▶ _ASSIGNMENT_
Find the string "Effect" in the records and copy each line where it occurs.

*** MATERIAL TO PROCESS Section Begins ***

-- ===== src/Network/Session/Authentication.antt =====
-- `SessionResponder::accept_init` of network/src/session.rs, on any message.
use text.Mathlib.TextEquality.{eq_iff}
use real_layer.Base.Bytes.{Bytes}
use real_layer.Base.{
  String, ◌∷◌, ◌≡◌, true, false, some, ok, arith, Eq, nat_eq, Option-cases, inl, inr, list_eq,
}
use real_layer.Network.Session.Types.{
  HandshakeInit, HandshakeResponse, SecureSession, RouteBinding, contains, validate_route,
}
use real_layer.Network.Session.Primitives.{Primitives}
use real_layer.Network.Session.Validation.{validate_init, transcript, derive_session}
use real_layer.Network.Session.Handshake.{SessionResponder, is_seen, admit, respond, accept_init}

module _ (lib : Primitives) where
  open lib use {
    PeerId, PublicKey, public, to_peer_id, parse, try_decode_protobuf, verify, to_string,
    StaticSecret, diffie_hellman,
  }

  instance abbrev peers : Eq PeerId
  peers = lib.peer_eq

  -- A message signed by the holder of a key, and a key that is the named peer's.
  pub record SignedBy (peer : PeerId) (key_bytes message signature : Bytes) : Type 0 where
    pub key : PublicKey
    pub decoded : try_decode_protobuf key_bytes ≡ some key
    pub owner : to_peer_id key ≡ peer
    pub signed : verify key message signature ≡ true

  validate_init-SignedBy :
      (init : HandshakeInit PeerId) (transport_peer responder_peer : PeerId)
      (route : RouteBinding PeerId) (protocol : String)
      → validate_init lib init transport_peer responder_peer route protocol ≡ ok tt
      → SignedBy transport_peer init.initiator_public_key
          (transcript lib protocol init.session_id route init.initiator_public_key
            init.ephemeral_public_key)
          init.authentication
  unfolding validate_init
  validate_init-SignedBy init transport_peer responder_peer route protocol h =
      elim (Option-cases (try_decode_protobuf init.initiator_public_key)) [
        | inl e ↦ ground arith
        | inr (key, e) ↦ record {
          key = key;
          decoded = e;
          owner = ground (arith, lib.peer_eq.beq_iff (to_peer_id key) transport_peer);
          signed = ground arith;
        }
      ]

  -- What the checks make of the identities that the message names.
  module _ (init : HandshakeInit PeerId) (transport_peer responder_peer : PeerId)
      (route : RouteBinding PeerId) (protocol : String)
      (passed : validate_init lib init transport_peer responder_peer route protocol ≡ ok tt) where
    validate_init-version : (init.protocol_version ≡ protocol) × (validate_route route ≡ ok tt)
    unfolding validate_init
    validate_init-version = ground (arith, eq_iff init.protocol_version protocol)

    validate_init-responder : parse init.responder_identity ≡ some responder_peer
    unfolding validate_init
    validate_init-responder = elim (Option-cases (parse init.responder_identity)) [
      | inl e ↦ ground arith
      | inr (p, e) ↦ ground (arith, lib.peer_eq.beq_iff p responder_peer)
    ]

    validate_init-initiator : parse init.initiator_identity ≡ some transport_peer
    unfolding validate_init
    validate_init-initiator = elim (Option-cases (parse init.initiator_identity)) [
      | inl e ↦ ground arith
      | inr (p, e) ↦
          let s = validate_init-SignedBy init transport_peer responder_peer route protocol passed in
          ground (arith, lib.peer_eq.beq_iff p (to_peer_id s.key), s.decoded, s.owner)
    ]

  -- What a responder knows of a session that it has accepted.
  pub record Authentic (r : SessionResponder lib) (init : HandshakeInit PeerId)
      (transport_peer : PeerId) (protocol : String) (session : SecureSession PeerId) : Type 0 where
    pub fresh : is_seen lib init.session_id r.seen_sessions ≡ false
    pub version : init.protocol_version ≡ protocol
    pub valid : validate_route init.route_context ≡ ok tt
    pub inside : contains init.route_context (to_peer_id (public r.identity)) ≡ true
    pub names_responder : parse init.responder_identity ≡ some (to_peer_id (public r.identity))
    pub names_initiator : parse init.initiator_identity ≡ some transport_peer
    pub signature :
        SignedBy transport_peer init.initiator_public_key
          (transcript lib protocol init.session_id init.route_context init.initiator_public_key
            init.ephemeral_public_key)
          init.authentication
    pub session_id : session.session_id ≡ init.session_id
    pub session_peer : session.peer_id ≡ transport_peer
    pub session_route : session.route ≡ init.route_context

  admit-ok :
      (r : SessionResponder lib) (init : HandshakeInit PeerId) (transport_peer : PeerId)
      (protocol : String)
      → admit lib r init transport_peer protocol ≡ ok tt
      → (is_seen lib init.session_id r.seen_sessions ≡ false)
        × (validate_init lib init transport_peer
              (to_peer_id (public r.identity))
              init.route_context
              protocol
            ≡ ok tt)
        × (contains init.route_context (to_peer_id (public r.identity)) ≡ true)
  unfolding admit
  admit-ok r init transport_peer protocol h = ground arith

  respond-ok :
      (r : SessionResponder lib) (init : HandshakeInit PeerId) (transport_peer : PeerId)
      (protocol : String) (secret : StaticSecret) (response : HandshakeResponse PeerId)
      (session : SecureSession PeerId)
      → respond lib r init transport_peer protocol secret ≡ ok (response, session)
      → (session.session_id ≡ init.session_id)
        × (session.peer_id ≡ transport_peer)
        × (session.route ≡ init.route_context)
  unfolding respond derive_session
  respond-ok r init transport_peer protocol secret response session h = ground arith

  pub accept_init-ok :
      (r r' : SessionResponder lib) (init : HandshakeInit PeerId) (transport_peer : PeerId)
      (protocol : String) (secret : StaticSecret)
      (result : HandshakeResponse PeerId × SecureSession PeerId)
      → accept_init lib r init transport_peer protocol secret ≡ (r', ok result)
      → (admit lib r init transport_peer protocol ≡ ok tt)
        × (respond lib r init transport_peer protocol secret ≡ ok result)
        × (r' ≡ record r { seen_sessions = init.session_id ∷ r.seen_sessions })
  unfolding accept_init
  accept_init-ok r r' init transport_peer protocol secret result h = ground arith

  -- A responder that returns a session had not seen its id; the message is for this responder, which
  -- is on the valid route, under the same protocol version; and it carries the key of the peer at the
  -- other end of the transport and that key's signature of the transcript. The session has the
  -- message's id and route, and names that peer.
  pub accept_init-Authentic :
      (r r' : SessionResponder lib) (init : HandshakeInit PeerId) (transport_peer : PeerId)
      (protocol : String) (secret : StaticSecret) (response : HandshakeResponse PeerId)
      (session : SecureSession PeerId)
      → accept_init lib r init transport_peer protocol secret ≡ (r', ok (response, session))
      → Authentic r init transport_peer protocol session
  accept_init-Authentic r r' init transport_peer protocol secret response session h =
      let self = to_peer_id (public r.identity) in
      let (admitted, responded, _) =
        accept_init-ok r r' init transport_peer protocol secret (response, session) h in
      let (fresh, passed, inside) = admit-ok r init transport_peer protocol admitted in
      let (version, valid) =
        validate_init-version init transport_peer self init.route_context protocol passed in
      let (id, peer, route) =
        respond-ok r init transport_peer protocol secret response session responded in
      record {
        fresh = fresh;
        version = version;
        valid = valid;
        inside = inside;
        names_responder =
            validate_init-responder init transport_peer self init.route_context protocol passed;
        names_initiator =
            validate_init-initiator init transport_peer self init.route_context protocol passed;
        signature =
            validate_init-SignedBy init transport_peer self init.route_context protocol passed;
        session_id = id;
        session_peer = peer;
        session_route = route;
      }
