-- ===== src/Network/Session/Answers.antt =====
-- `SessionInitiator::complete` of network/src/session.rs, on any answer.
use text.Mathlib.TextEquality.{eq_iff}
use real_layer.Base.{String, ◌≡◌, some, ok, arith, Eq, Option-cases, inl, inr, list_beq_iff, nat_eq}
use real_layer.Network.Session.Types.{
  SessionId, negotiating, HandshakeResponse, SecureSession, RouteBinding, route_beq_iff, initiator,
  state_beq_iff,
}
use real_layer.Network.Session.Primitives.{Primitives}
use real_layer.Network.Session.Validation.{validate_response, transcript, derive_session}
use real_layer.Network.Session.Handshake.{SessionInitiator, complete}
use real_layer.Network.Session.Authentication.{SignedBy}

module _ (lib : Primitives) where
  open lib use {PeerId, public, to_peer_id, parse, try_decode_protobuf, diffie_hellman}

  instance abbrev peers : Eq PeerId
  peers = lib.peer_eq

  -- The answer is to this initiator's message and is signed by the expected peer.
  pub record Answered (i : SessionInitiator lib) (response : HandshakeResponse PeerId)
      (session : SecureSession PeerId) : Type 0 where
    pub pending : i.state ≡ negotiating
    pub version : response.protocol_version ≡ i.protocol_version
    pub same_id : response.session_id ≡ i.session_id
    pub same_route : response.route_context ≡ i.route
    pub names_initiator : parse response.initiator_identity ≡ some (to_peer_id (public i.identity))
    pub signature :
        SignedBy lib i.expected_peer response.responder_public_key
          (transcript lib i.protocol_version i.session_id i.route response.responder_public_key
            response.ephemeral_public_key)
          response.authentication
    pub derived :
        session
        ≡ derive_session lib i.session_id i.expected_peer i.route initiator
            (diffie_hellman i.secret response.ephemeral_public_key)
            i.protocol_version

  module _ (response : HandshakeResponse PeerId) (id : SessionId)
      (initiator_peer expected_peer : PeerId) (route : RouteBinding PeerId) (protocol : String)
      (passed : validate_response lib response id initiator_peer expected_peer route protocol
        ≡ ok tt) where
    response-context :
        (response.protocol_version ≡ protocol)
        × (response.session_id ≡ id)
        × (response.route_context ≡ route)
    unfolding validate_response
    response-context = ground (
      arith,
      eq_iff response.protocol_version protocol,
      list_beq_iff response.session_id id,
      route_beq_iff response.route_context route,
    )

    response-SignedBy :
        SignedBy lib expected_peer response.responder_public_key
          (transcript lib protocol id route response.responder_public_key
            response.ephemeral_public_key)
          response.authentication
    unfolding validate_response
    response-SignedBy = elim (Option-cases (try_decode_protobuf response.responder_public_key)) [
      | inl e ↦ ground arith
      | inr (key, e) ↦ record {
        key = key;
        decoded = e;
        owner = ground (arith, lib.peer_eq.beq_iff (to_peer_id key) expected_peer);
        signed = ground arith;
      }
    ]

    response-initiator : parse response.initiator_identity ≡ some initiator_peer
    unfolding validate_response
    response-initiator = elim (Option-cases (parse response.initiator_identity)) [
      | inl e ↦ ground (arith, response-SignedBy.decoded)
      | inr (p, e) ↦ ground (arith, response-SignedBy.decoded, lib.peer_eq.beq_iff p initiator_peer)
    ]

  complete-ok :
      (i : SessionInitiator lib) (response : HandshakeResponse PeerId)
      (session : SecureSession PeerId)
      → complete lib i response ≡ ok session
      → (i.state ≡ negotiating)
        × (validate_response lib response i.session_id
              (to_peer_id (public i.identity))
              i.expected_peer
              i.route
              i.protocol_version
            ≡ ok tt)
        × (session
            ≡ derive_session lib i.session_id i.expected_peer i.route initiator
                (diffie_hellman i.secret response.ephemeral_public_key)
                i.protocol_version)
  unfolding complete
  complete-ok i response session h = ground (arith, state_beq_iff i.state negotiating)

  -- An initiator that returns a session was still negotiating; the answer has its session id, route
  -- and protocol version, names it as the initiator, and carries the key of the expected peer and
  -- that key's signature of the transcript. The session is derived from the exchange with the
  -- answer's ephemeral key.
  pub complete-Answered :
      (i : SessionInitiator lib) (response : HandshakeResponse PeerId)
      (session : SecureSession PeerId)
      → complete lib i response ≡ ok session
      → Answered i response session
  complete-Answered i response session h =
      let (pending, passed, derived) = complete-ok i response session h in
      let self = to_peer_id (public i.identity) in
      let (version, id, route) =
        response-context response i.session_id self i.expected_peer i.route i.protocol_version
          passed in
      record {
        pending = pending;
        version = version;
        same_id = id;
        same_route = route;
        names_initiator =
            response-initiator response i.session_id self i.expected_peer i.route i.protocol_version
              passed;
        signature =
            response-SignedBy response i.session_id self i.expected_peer i.route i.protocol_version
              passed;
        derived = derived;
      }
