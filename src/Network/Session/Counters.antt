-- ===== src/Network/Session/Counters.antt =====
-- Runs of `encrypt` and of `decrypt` of network/src/session.rs, and the counters of their frames.
use real_layer.Base.Bytes.{Bytes, from_be_bytes}
use real_layer.Base.{
  ℕ, suc, ◌≤◌, ◌≡◌, refl, List, [], ◌∷◌, Option, none, some, Result, ok, err, arith, take,
}
use real_layer.Network.Session.Types.{SecureSession, SessionError}
use real_layer.Network.Session.Primitives.{Primitives}
use real_layer.Network.Session.Cipher.{encrypt, decrypt}
use real_layer.Network.Session.Replay.{encrypt-ok, decrypt-Effect, frame_counter}

abbrev pub counter : Bytes → ℕ
counter frame = from_be_bytes (take 8 frame)

-- The counters rise strictly, from `n` or more.
abbrev pub RisingFrom : ℕ → List Bytes → Type 0
RisingFrom n [] = Unit {0}
RisingFrom n (frame ∷ frames) = (n ≤ counter frame) × RisingFrom (suc (counter frame)) frames

abbrev collect : Result SessionError Bytes → List Bytes → List Bytes
collect (ok frame) frames = frame ∷ frames
collect (err e) frames = frames

abbrev if_ok : Result SessionError Bytes → Bytes → List Bytes → List Bytes
if_ok (ok plaintext) frame frames = frame ∷ frames
if_ok (err e) frame frames = frames

-- The first counter that a session still accepts.
abbrev pub floor : Option ℕ → ℕ
floor none = 0
floor (some last) = suc last

module _ (lib : Primitives) where
  open lib use {PeerId}

  -- The frames of a run of `encrypt` over pairs of a plaintext and its associated data, failed calls
  -- left out.
  unfoldable pub encrypted : SecureSession PeerId → List (Bytes × Bytes) → List Bytes
  encrypted s [] = []
  encrypted s ((plaintext, aad) ∷ calls) =
      let (s', r) = encrypt lib s plaintext aad in collect r (encrypted s' calls)

  -- The frames that a run of `decrypt` accepts.
  unfoldable pub accepted : SecureSession PeerId → List (Bytes × Bytes) → List Bytes
  accepted s [] = []
  accepted s ((frame, aad) ∷ calls) =
      let (s', r) = decrypt lib s frame aad in if_ok r frame (accepted s' calls)

  weaken : (m n : ℕ) (frames : List Bytes) → m ≤ n → RisingFrom n frames → RisingFrom m frames
  weaken m n [] h r = tt
  weaken m n (f ∷ fs) h r = (omega arith, r.1)

  encrypt_nonce :
      (s : SecureSession PeerId) (plaintext aad : Bytes)
      → s.send_nonce ≤ (encrypt lib s plaintext aad).0.send_nonce
  unfolding encrypt
  encrypt_nonce s plaintext aad = ground arith

  encrypted-step :
      (s s' : SecureSession PeerId) (r : Result SessionError Bytes) (plaintext aad : Bytes)
      (frames : List Bytes)
      → encrypt lib s plaintext aad ≡ (s', r)
      → RisingFrom s'.send_nonce frames
      → RisingFrom s.send_nonce (collect r frames)
  encrypted-step s s' (ok frame) plaintext aad frames h rising =
      let (c, _, e, e', _, bound) = encrypt-ok lib s s' plaintext aad frame h in
      ground (arith, frame_counter s.send_nonce c)
  encrypted-step s s' (err e) plaintext aad frames h rising =
      weaken s.send_nonce s'.send_nonce frames (ground (arith, encrypt_nonce s plaintext aad))
        rising

  -- No counter is used for two frames: over any run of calls the counters of the frames rise
  -- strictly, from the session's send counter.
  pub encrypted-RisingFrom :
      (s : SecureSession PeerId) (calls : List (Bytes × Bytes))
      → RisingFrom s.send_nonce (encrypted s calls)
  unfolding encrypted
  encrypted-RisingFrom s [] = tt
  encrypted-RisingFrom s ((plaintext, aad) ∷ calls) =
      encrypted-step s (encrypt lib s plaintext aad).0 (encrypt lib s plaintext aad).1 plaintext aad
        (encrypted (encrypt lib s plaintext aad).0 calls) refl
        (encrypted-RisingFrom (encrypt lib s plaintext aad).0 calls)

  accepted-step :
      (s s' : SecureSession PeerId) (r : Result SessionError Bytes) (frame aad : Bytes)
      (frames : List Bytes)
      → decrypt lib s frame aad ≡ (s', r)
      → RisingFrom (floor s'.last_received_nonce) frames
      → RisingFrom (floor s.last_received_nonce) (if_ok r frame frames)
  accepted-step s s' (ok plaintext) frame aad frames h rising =
      let (below, e) = decrypt-Effect lib s s' frame aad (ok plaintext) h in ground arith
  accepted-step s s' (err x) frame aad frames h rising =
      let e = decrypt-Effect lib s s' frame aad (err x) h in ground arith

  -- However frames are delivered, repeated and reordered, those that a session accepts have counters
  -- that rise strictly: no frame is accepted twice.
  pub accepted-RisingFrom :
      (s : SecureSession PeerId) (calls : List (Bytes × Bytes))
      → RisingFrom (floor s.last_received_nonce) (accepted s calls)
  unfolding accepted
  accepted-RisingFrom s [] = tt
  accepted-RisingFrom s ((frame, aad) ∷ calls) =
      accepted-step s (decrypt lib s frame aad).0 (decrypt lib s frame aad).1 frame aad
        (accepted (decrypt lib s frame aad).0 calls) refl
        (accepted-RisingFrom (decrypt lib s frame aad).0 calls)
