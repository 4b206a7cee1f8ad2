-- ===== src/Network/Session/Duplicates.antt =====
-- What a `SessionResponder` of network/src/session.rs remembers over its calls.
use real_layer.Base.{
  String, List, [], ◌∷◌, ◌≡◌, inl, inr, true, Result, ok, err, ==_refl, or_true, list_eq,
  Result-cases,
}
use real_layer.Network.Session.Types.{
  SessionId, SessionError, duplicate_session, HandshakeInit, HandshakeResponse, SecureSession,
}
use real_layer.Network.Session.Primitives.{Primitives}
use real_layer.Network.Session.Handshake.{SessionResponder, is_seen, admit, accept_init}
use real_layer.Network.Session.Authentication.{accept_init-ok}

module _ (lib : Primitives) where
  open lib use {PeerId, StaticSecret}

  -- One call of `accept_init`.
  pub record Call : Type 0 where
    pub init : HandshakeInit PeerId
    pub transport_peer : PeerId
    pub protocol : String
    pub secret : StaticSecret

  abbrev pub accept :
      SessionResponder lib
      → Call
      → SessionResponder lib × Result SessionError (HandshakeResponse PeerId × SecureSession PeerId)
  accept r c = accept_init lib r c.init c.transport_peer c.protocol c.secret

  unfoldable pub after : SessionResponder lib → List Call → SessionResponder lib
  after r [] = r
  after r (c ∷ cs) = after (accept r c).0 cs

  abbrev pub Knows : SessionResponder lib → SessionId → Type 0
  Knows r id = is_seen lib id r.seen_sessions ≡ true

  accept-Knows :
      (r : SessionResponder lib) (c : Call) (id : SessionId) → Knows r id → Knows (accept r c).0 id
  unfolding accept_init is_seen
  accept-Knows r c id h = elim (Result-cases (admit lib r c.init c.transport_peer c.protocol)) [
    | inl (u, e) ↦ rw (e, accept_init) (or_true _ _ h)
    | inr (x, e) ↦ rw (e, accept_init) h
  ]

  after-Knows :
      (r : SessionResponder lib) (cs : List Call) (id : SessionId)
      → Knows r id
      → Knows (after r cs) id
  unfolding after
  after-Knows r [] id h = h
  after-Knows r (c ∷ cs) id h = after-Knows (accept r c).0 cs id (accept-Knows r c id h)

  accept-duplicate :
      (r : SessionResponder lib) (c : Call)
      → Knows r c.init.session_id
      → accept r c ≡ (r, err duplicate_session)
  unfolding accept_init admit
  accept-duplicate r c h = rw (h, accept_init)

  accepted-Knows :
      (r r' : SessionResponder lib) (c : Call)
      (result : HandshakeResponse PeerId × SecureSession PeerId)
      → accept r c ≡ (r', ok result)
      → Knows r' c.init.session_id
  unfolding is_seen
  accepted-Knows r r' c result h =
      let (_, _, e) =
        accept_init-ok lib r r' c.init c.transport_peer c.protocol c.secret result h in
      rw (e, ==_refl {A = SessionId})

  -- After a responder accepted a message, and whatever messages came since, it refuses every message
  -- with the same session id, from whatever peer, as a duplicate, and stays as it is.
  pub accept_init_once :
      (r r' : SessionResponder lib) (c : Call) (since : List Call) (again : Call)
      (result : HandshakeResponse PeerId × SecureSession PeerId)
      → accept r c ≡ (r', ok result)
      → again.init.session_id ≡ c.init.session_id
      → accept (after r' since) again ≡ (after r' since, err duplicate_session)
  accept_init_once r r' c since again result h same =
      accept-duplicate (after r' since) again
        (rw same (after-Knows r' since c.init.session_id (accepted-Knows r r' c result h)))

*** MATERIAL TO PROCESS Section Ends ***

▶ _WRITTEN SOLUTION_
use real_layer.Network.Session.Replay.{encrypt-ok, decrypt-Effect, frame_counter}
      let (below, e) = decrypt-Effect lib s s' frame aad (ok plaintext) h in ground arith
      let e = decrypt-Effect lib s s' frame aad (err x) h in ground arith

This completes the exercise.